> DATA EXTRACTS:
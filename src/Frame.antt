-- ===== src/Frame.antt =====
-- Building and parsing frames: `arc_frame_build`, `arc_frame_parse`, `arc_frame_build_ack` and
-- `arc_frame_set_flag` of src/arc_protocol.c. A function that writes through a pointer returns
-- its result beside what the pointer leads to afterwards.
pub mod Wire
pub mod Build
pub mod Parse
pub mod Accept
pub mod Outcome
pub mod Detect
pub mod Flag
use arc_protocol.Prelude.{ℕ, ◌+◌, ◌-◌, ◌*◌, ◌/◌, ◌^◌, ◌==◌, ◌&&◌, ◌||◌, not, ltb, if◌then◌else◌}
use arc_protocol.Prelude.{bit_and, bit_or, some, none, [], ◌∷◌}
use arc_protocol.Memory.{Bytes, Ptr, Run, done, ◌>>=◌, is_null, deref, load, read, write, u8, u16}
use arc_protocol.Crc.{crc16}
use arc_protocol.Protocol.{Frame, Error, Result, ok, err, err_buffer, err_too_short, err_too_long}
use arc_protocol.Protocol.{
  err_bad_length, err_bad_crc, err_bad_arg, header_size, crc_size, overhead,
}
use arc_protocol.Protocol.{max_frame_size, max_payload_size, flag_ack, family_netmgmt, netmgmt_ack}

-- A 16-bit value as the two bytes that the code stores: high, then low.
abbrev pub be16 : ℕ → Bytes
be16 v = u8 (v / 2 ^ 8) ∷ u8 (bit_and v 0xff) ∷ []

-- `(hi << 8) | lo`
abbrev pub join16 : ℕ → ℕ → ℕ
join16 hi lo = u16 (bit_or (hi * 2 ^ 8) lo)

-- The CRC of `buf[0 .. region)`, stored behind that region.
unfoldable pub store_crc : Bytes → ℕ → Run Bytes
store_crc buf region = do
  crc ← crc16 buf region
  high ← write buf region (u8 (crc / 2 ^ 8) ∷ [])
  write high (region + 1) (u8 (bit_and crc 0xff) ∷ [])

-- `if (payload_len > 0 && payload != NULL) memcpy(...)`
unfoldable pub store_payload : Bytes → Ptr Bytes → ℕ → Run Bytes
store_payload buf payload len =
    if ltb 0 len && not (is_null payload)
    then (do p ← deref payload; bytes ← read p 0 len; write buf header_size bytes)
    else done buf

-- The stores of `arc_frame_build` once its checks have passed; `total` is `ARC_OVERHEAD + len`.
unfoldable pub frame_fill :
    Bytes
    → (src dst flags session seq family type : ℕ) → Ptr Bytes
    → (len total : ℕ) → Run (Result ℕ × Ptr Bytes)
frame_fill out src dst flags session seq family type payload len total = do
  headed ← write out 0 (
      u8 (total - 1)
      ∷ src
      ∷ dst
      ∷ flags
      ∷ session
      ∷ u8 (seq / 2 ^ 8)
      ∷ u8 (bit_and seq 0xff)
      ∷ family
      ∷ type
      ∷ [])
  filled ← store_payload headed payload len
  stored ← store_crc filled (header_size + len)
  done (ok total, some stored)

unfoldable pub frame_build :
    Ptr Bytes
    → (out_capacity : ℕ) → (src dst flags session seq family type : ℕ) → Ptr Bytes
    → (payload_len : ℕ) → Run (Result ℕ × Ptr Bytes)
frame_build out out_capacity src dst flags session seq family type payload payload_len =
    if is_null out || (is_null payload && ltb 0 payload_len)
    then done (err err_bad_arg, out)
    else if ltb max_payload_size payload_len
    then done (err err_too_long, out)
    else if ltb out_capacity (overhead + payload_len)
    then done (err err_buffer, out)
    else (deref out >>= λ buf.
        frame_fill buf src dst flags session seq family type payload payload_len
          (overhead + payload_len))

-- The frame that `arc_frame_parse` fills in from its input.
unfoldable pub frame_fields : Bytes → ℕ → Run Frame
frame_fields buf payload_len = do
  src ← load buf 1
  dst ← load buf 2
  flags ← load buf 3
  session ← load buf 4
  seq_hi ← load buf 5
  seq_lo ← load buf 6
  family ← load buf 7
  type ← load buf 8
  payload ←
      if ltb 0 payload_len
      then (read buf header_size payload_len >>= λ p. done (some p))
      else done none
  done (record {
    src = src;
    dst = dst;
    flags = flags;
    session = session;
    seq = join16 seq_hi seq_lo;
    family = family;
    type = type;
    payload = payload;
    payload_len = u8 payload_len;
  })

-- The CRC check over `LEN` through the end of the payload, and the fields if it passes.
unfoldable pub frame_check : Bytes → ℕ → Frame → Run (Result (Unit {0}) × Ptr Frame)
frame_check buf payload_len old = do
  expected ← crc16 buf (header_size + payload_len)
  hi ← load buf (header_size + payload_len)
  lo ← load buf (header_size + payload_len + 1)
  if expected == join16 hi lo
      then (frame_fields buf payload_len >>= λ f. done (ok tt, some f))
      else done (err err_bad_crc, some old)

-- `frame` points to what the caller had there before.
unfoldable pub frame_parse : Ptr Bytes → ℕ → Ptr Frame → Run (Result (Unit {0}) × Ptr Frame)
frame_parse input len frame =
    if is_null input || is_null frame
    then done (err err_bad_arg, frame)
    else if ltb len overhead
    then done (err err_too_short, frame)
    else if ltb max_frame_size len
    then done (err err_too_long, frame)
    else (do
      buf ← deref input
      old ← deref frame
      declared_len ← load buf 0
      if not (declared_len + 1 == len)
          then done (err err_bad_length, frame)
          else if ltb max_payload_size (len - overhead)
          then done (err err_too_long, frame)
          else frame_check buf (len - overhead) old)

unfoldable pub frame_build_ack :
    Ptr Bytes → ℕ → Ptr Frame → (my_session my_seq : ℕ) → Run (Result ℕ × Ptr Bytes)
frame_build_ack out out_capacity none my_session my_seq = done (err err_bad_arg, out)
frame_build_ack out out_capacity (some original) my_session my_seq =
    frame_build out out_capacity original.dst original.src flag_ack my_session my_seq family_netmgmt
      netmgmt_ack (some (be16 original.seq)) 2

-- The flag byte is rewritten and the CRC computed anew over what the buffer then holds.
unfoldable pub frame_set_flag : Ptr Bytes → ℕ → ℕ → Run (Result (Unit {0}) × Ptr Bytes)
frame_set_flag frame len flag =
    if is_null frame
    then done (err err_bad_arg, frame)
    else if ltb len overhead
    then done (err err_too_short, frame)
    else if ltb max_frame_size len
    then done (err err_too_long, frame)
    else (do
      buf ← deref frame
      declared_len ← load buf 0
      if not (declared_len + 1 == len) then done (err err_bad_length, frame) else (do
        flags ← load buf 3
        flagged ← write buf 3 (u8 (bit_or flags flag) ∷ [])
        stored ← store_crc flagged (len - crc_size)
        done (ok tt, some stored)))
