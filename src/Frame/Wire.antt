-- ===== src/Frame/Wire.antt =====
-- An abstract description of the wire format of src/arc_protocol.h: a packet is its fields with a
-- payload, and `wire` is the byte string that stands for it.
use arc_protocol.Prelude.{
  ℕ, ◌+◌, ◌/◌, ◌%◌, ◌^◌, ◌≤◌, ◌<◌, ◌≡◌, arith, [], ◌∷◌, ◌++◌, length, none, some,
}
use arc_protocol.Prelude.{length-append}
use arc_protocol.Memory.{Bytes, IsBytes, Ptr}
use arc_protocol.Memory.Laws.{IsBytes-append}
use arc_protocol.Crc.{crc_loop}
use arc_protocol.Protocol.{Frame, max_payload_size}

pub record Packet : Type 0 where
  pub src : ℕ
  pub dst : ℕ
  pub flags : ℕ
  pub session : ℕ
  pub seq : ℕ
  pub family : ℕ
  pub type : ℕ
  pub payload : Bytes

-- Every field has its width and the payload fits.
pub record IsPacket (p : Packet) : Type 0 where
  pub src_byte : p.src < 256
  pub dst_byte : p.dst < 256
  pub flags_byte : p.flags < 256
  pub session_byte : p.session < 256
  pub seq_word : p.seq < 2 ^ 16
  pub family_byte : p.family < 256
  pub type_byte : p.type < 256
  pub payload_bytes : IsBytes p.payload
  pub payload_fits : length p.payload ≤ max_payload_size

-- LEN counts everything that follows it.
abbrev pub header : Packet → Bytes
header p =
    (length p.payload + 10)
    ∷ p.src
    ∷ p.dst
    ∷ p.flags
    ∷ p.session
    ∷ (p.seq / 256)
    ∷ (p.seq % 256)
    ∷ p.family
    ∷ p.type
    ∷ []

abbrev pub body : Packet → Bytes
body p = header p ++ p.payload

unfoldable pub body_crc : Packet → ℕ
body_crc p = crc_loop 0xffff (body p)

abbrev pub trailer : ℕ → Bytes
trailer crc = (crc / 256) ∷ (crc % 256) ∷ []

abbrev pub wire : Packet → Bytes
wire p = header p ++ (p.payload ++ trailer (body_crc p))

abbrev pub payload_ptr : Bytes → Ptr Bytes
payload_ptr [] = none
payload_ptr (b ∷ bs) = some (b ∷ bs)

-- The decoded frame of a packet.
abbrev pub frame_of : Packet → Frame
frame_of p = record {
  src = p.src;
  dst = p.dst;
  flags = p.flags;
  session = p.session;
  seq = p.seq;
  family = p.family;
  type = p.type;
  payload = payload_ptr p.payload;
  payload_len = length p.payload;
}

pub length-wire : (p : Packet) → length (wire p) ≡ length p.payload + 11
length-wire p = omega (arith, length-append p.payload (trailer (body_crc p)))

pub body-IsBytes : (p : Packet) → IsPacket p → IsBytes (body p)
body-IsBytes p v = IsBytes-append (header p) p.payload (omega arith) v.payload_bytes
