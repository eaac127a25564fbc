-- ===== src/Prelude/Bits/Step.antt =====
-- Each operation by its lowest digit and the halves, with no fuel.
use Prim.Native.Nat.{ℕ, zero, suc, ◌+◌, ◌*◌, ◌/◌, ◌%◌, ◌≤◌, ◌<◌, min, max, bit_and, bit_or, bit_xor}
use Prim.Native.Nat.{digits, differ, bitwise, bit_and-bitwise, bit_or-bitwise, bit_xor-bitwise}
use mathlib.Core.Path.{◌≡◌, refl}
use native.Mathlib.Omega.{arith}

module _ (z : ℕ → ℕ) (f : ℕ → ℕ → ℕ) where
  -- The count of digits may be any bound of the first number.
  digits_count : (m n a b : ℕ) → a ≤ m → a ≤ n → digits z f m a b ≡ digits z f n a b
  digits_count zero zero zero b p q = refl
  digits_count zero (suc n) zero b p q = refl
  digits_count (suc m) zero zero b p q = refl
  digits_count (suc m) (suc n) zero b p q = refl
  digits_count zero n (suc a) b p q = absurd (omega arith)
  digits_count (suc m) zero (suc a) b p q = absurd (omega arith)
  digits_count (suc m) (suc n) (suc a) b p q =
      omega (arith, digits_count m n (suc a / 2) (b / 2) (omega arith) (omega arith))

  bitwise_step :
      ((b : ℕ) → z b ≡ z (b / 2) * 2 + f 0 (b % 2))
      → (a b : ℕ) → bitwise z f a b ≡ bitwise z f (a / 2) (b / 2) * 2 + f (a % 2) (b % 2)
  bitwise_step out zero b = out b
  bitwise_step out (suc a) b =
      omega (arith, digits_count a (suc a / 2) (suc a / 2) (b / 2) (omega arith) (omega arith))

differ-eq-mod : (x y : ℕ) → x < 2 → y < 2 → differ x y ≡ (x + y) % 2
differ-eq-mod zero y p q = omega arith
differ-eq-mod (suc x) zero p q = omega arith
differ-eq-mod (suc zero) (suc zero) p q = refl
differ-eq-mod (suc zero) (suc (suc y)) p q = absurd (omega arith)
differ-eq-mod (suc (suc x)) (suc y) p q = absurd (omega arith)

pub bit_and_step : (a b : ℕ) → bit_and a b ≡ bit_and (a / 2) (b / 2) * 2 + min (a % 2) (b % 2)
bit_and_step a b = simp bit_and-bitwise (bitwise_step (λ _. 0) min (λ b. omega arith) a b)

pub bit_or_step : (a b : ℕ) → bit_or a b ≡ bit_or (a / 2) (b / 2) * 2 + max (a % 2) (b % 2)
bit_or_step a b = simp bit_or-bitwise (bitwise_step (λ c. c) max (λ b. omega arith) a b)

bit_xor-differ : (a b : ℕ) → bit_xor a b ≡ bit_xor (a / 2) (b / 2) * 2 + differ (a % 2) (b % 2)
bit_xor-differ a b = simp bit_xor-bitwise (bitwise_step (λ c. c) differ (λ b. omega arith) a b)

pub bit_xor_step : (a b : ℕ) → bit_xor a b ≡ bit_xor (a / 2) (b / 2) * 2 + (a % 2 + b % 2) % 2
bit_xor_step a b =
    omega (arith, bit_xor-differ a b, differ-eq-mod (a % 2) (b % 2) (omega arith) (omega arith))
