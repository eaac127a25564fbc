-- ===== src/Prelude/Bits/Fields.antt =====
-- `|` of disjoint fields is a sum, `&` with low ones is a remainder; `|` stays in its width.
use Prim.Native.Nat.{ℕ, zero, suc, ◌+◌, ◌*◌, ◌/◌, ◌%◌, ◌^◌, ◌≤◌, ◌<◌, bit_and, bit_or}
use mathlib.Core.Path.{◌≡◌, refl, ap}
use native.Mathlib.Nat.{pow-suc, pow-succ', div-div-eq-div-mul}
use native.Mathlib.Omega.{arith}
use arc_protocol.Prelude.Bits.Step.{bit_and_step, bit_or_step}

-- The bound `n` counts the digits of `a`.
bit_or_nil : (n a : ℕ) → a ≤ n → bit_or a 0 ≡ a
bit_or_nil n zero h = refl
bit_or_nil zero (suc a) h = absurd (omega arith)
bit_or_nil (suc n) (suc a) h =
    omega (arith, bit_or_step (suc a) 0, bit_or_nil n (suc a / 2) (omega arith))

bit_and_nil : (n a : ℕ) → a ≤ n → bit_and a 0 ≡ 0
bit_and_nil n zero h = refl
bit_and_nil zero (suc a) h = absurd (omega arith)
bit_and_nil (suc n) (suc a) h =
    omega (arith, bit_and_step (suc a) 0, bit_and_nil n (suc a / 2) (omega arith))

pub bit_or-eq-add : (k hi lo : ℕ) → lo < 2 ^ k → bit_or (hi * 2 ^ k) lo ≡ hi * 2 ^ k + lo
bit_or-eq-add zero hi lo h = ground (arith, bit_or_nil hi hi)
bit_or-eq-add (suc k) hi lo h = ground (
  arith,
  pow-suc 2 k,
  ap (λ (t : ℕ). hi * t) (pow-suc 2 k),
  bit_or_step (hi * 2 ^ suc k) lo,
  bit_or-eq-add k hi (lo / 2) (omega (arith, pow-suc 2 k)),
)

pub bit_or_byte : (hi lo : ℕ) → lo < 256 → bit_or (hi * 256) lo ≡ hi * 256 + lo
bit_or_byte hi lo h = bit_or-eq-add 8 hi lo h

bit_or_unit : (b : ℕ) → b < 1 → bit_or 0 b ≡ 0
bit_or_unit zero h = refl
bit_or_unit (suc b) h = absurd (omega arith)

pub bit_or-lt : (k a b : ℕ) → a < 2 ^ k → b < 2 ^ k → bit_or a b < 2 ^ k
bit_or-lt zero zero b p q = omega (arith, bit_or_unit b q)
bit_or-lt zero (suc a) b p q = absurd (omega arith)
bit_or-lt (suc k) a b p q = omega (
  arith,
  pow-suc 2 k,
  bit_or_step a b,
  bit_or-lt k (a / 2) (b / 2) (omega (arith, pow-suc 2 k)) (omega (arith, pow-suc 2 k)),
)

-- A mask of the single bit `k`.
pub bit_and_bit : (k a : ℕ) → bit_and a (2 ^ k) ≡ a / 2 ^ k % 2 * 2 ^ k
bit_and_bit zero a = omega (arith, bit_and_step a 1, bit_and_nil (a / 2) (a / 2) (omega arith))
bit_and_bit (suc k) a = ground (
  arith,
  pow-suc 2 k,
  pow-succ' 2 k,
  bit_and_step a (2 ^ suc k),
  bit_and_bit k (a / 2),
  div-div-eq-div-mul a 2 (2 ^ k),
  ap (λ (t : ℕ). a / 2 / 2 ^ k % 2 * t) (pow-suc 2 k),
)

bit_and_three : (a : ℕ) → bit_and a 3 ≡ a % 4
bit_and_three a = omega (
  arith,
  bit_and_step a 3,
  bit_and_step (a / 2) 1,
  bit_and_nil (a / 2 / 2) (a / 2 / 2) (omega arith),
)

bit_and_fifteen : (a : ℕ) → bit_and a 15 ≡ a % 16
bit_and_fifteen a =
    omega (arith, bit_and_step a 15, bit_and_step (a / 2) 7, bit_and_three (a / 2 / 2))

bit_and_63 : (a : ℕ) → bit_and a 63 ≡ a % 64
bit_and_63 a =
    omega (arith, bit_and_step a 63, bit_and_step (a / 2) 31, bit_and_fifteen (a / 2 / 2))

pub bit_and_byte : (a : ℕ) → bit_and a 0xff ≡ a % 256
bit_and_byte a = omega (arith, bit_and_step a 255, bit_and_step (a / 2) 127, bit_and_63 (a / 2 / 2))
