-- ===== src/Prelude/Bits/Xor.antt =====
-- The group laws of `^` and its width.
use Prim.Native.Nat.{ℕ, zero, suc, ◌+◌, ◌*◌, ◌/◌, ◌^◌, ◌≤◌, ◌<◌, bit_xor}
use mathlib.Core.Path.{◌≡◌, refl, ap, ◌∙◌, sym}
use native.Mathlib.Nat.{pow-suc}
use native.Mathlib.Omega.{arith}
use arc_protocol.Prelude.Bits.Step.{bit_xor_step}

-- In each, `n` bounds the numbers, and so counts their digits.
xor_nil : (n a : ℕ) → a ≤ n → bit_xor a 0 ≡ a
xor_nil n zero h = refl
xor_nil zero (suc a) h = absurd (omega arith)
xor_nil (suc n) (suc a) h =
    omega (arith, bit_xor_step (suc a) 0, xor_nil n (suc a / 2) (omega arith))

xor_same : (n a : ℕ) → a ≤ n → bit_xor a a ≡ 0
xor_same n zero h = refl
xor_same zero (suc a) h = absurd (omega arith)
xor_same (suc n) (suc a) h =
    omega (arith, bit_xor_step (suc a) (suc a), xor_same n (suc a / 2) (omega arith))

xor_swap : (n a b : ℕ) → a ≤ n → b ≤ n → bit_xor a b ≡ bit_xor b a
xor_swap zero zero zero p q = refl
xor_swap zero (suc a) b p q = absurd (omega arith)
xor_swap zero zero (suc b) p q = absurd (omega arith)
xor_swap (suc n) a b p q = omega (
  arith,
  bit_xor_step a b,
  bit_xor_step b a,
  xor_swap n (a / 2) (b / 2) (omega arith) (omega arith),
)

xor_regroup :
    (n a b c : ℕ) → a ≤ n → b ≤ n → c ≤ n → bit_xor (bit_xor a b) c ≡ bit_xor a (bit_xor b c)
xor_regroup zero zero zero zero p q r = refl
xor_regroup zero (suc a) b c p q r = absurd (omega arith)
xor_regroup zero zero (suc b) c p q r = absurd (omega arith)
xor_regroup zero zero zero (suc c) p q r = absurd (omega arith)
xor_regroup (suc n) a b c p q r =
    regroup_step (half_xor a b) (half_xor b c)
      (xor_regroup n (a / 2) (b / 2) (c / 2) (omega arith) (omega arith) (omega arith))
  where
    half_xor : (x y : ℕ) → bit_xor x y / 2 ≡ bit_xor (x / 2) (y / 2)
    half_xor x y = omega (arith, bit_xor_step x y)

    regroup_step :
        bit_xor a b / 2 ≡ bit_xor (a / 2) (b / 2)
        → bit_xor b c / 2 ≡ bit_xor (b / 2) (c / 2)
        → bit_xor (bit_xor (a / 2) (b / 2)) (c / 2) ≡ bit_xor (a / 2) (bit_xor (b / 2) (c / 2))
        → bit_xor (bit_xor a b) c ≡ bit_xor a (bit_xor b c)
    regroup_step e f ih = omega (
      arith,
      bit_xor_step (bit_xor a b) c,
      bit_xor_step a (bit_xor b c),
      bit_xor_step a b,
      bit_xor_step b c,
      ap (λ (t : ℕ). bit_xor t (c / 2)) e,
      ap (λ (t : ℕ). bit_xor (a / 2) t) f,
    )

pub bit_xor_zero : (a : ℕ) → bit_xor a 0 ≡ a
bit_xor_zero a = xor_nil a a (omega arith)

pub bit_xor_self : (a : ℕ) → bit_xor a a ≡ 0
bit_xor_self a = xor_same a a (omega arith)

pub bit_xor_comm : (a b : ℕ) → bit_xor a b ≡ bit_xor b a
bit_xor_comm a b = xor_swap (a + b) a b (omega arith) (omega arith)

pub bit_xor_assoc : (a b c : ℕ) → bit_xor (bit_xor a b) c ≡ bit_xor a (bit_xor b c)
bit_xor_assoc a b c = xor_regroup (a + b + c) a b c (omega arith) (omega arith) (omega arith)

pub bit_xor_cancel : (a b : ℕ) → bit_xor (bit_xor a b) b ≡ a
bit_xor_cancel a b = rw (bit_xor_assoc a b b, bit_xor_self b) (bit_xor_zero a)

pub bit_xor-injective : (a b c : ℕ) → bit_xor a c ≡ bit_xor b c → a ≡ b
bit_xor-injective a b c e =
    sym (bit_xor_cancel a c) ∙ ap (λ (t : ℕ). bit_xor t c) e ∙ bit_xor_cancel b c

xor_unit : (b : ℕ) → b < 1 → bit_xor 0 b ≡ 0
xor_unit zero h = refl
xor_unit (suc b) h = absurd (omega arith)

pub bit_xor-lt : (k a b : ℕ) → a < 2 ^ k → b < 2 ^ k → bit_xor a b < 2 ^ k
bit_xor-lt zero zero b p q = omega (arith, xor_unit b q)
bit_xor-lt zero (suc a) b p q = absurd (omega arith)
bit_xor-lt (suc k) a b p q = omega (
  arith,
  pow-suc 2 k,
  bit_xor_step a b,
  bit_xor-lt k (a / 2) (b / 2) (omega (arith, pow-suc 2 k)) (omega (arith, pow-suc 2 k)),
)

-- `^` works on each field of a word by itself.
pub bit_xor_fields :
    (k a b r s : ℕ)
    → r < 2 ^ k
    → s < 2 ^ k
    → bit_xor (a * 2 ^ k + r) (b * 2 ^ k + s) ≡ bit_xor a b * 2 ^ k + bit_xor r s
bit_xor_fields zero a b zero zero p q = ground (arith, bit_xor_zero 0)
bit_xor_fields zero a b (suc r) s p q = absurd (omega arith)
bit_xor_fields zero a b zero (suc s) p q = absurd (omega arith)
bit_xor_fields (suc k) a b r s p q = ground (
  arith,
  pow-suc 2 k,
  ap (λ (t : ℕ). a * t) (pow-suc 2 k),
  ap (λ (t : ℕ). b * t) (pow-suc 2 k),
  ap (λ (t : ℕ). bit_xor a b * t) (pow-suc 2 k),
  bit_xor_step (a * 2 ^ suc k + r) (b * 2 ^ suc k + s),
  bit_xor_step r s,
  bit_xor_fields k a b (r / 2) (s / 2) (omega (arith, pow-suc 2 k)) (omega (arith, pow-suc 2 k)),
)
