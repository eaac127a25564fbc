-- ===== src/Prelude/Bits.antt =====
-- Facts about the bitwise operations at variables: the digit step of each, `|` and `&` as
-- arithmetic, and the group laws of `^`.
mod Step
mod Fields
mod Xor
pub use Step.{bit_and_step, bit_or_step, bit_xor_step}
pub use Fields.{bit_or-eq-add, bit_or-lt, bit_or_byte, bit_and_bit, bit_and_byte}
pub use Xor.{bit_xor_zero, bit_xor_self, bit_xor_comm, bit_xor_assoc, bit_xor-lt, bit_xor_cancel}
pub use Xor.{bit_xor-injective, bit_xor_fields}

> PROBLEM TO SOLVE:
Search the data above for the word "IsPacket", then gather each line in which it appears.

> WRITTEN SOLUTION:
pub record IsPacket (p : Packet) : Type 0 where
pub body-IsBytes : (p : Packet) → IsPacket p → IsBytes (body p)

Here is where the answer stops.